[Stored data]
########

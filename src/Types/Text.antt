-- ===== src/Types/Text.antt =====
-- libpq-serde-types/src/libpq_types.rs: `CString`, given by its bytes without the terminator.
pub mod Laws
pub mod Reading
use fakepostmaster.Prelude.{
  ℕ, zero, suc, ◌+◌, ◌^◌, Option, none, some, List, [], ◌∷◌, ◌++◌, length, ◌==◌, if◌then◌else◌,
  Bool, true, false,
}
use fakepostmaster.Int.{ℤ, pos, as_i32, add_i32}
use fakepostmaster.Outcome.{Outcome, ok, err, out_of_fuel, ok_or, ◌>>=◌, try_get_error, nul_error}
use fakepostmaster.Buffer.{BytesCrate}
use fakepostmaster.Wire.{Wire}

-- `CString::new`: a zero byte inside the text is an error.
unfoldable pub has_nul : List ℕ → Bool
has_nul [] = false
has_nul (c ∷ s) = if c == 0 then true else has_nul s

unfoldable pub cstring_new : List ℕ → Outcome (List ℕ)
unfolding has_nul
cstring_new s = if has_nul s then err nul_error else ok s

module _ (B : BytesCrate) where
  open B use {put_u8, put_slice, try_get_u8}

  -- `while c != 0 { v.push(c); c = buffer.try_get_u8()?; }`, a unit of fuel for each round.
  unfoldable pub read_until_nul : ℕ → ℕ → List ℕ → List ℕ → Outcome (List ℕ × List ℕ)
  read_until_nul zero c v buffer = out_of_fuel
  read_until_nul (suc f) c v buffer =
      let more = ok_or try_get_error (try_get_u8 buffer) >>= λ (c', buffer').
      read_until_nul f c' (v ++ c ∷ []) buffer' in
      if c == 0 then ok (v, buffer) else more

  unfoldable pub cstring_deserialize : List ℕ → Outcome (List ℕ × List ℕ)
  cstring_deserialize buffer = do
    (c, rest) ← ok_or try_get_error (try_get_u8 buffer)
    read_until_nul (length buffer) c [] rest

  unfoldable pub cstring : Wire (List ℕ)
  unfolding cstring_deserialize
  cstring = record {
    serialize = λ s buffer. put_u8 (put_slice buffer s) 0;
    deserialize = cstring_deserialize;
    byte_size = λ s. add_i32 (as_i32 (length s)) (pos 1);
  }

########

§ **TASK DESCRIPTION**:
The word "Bool" may appear in several lines of the data; copy every line where it does.

§ **ANSWER SECTION**:
  Bool, true, false,
unfoldable pub has_nul : List ℕ → Bool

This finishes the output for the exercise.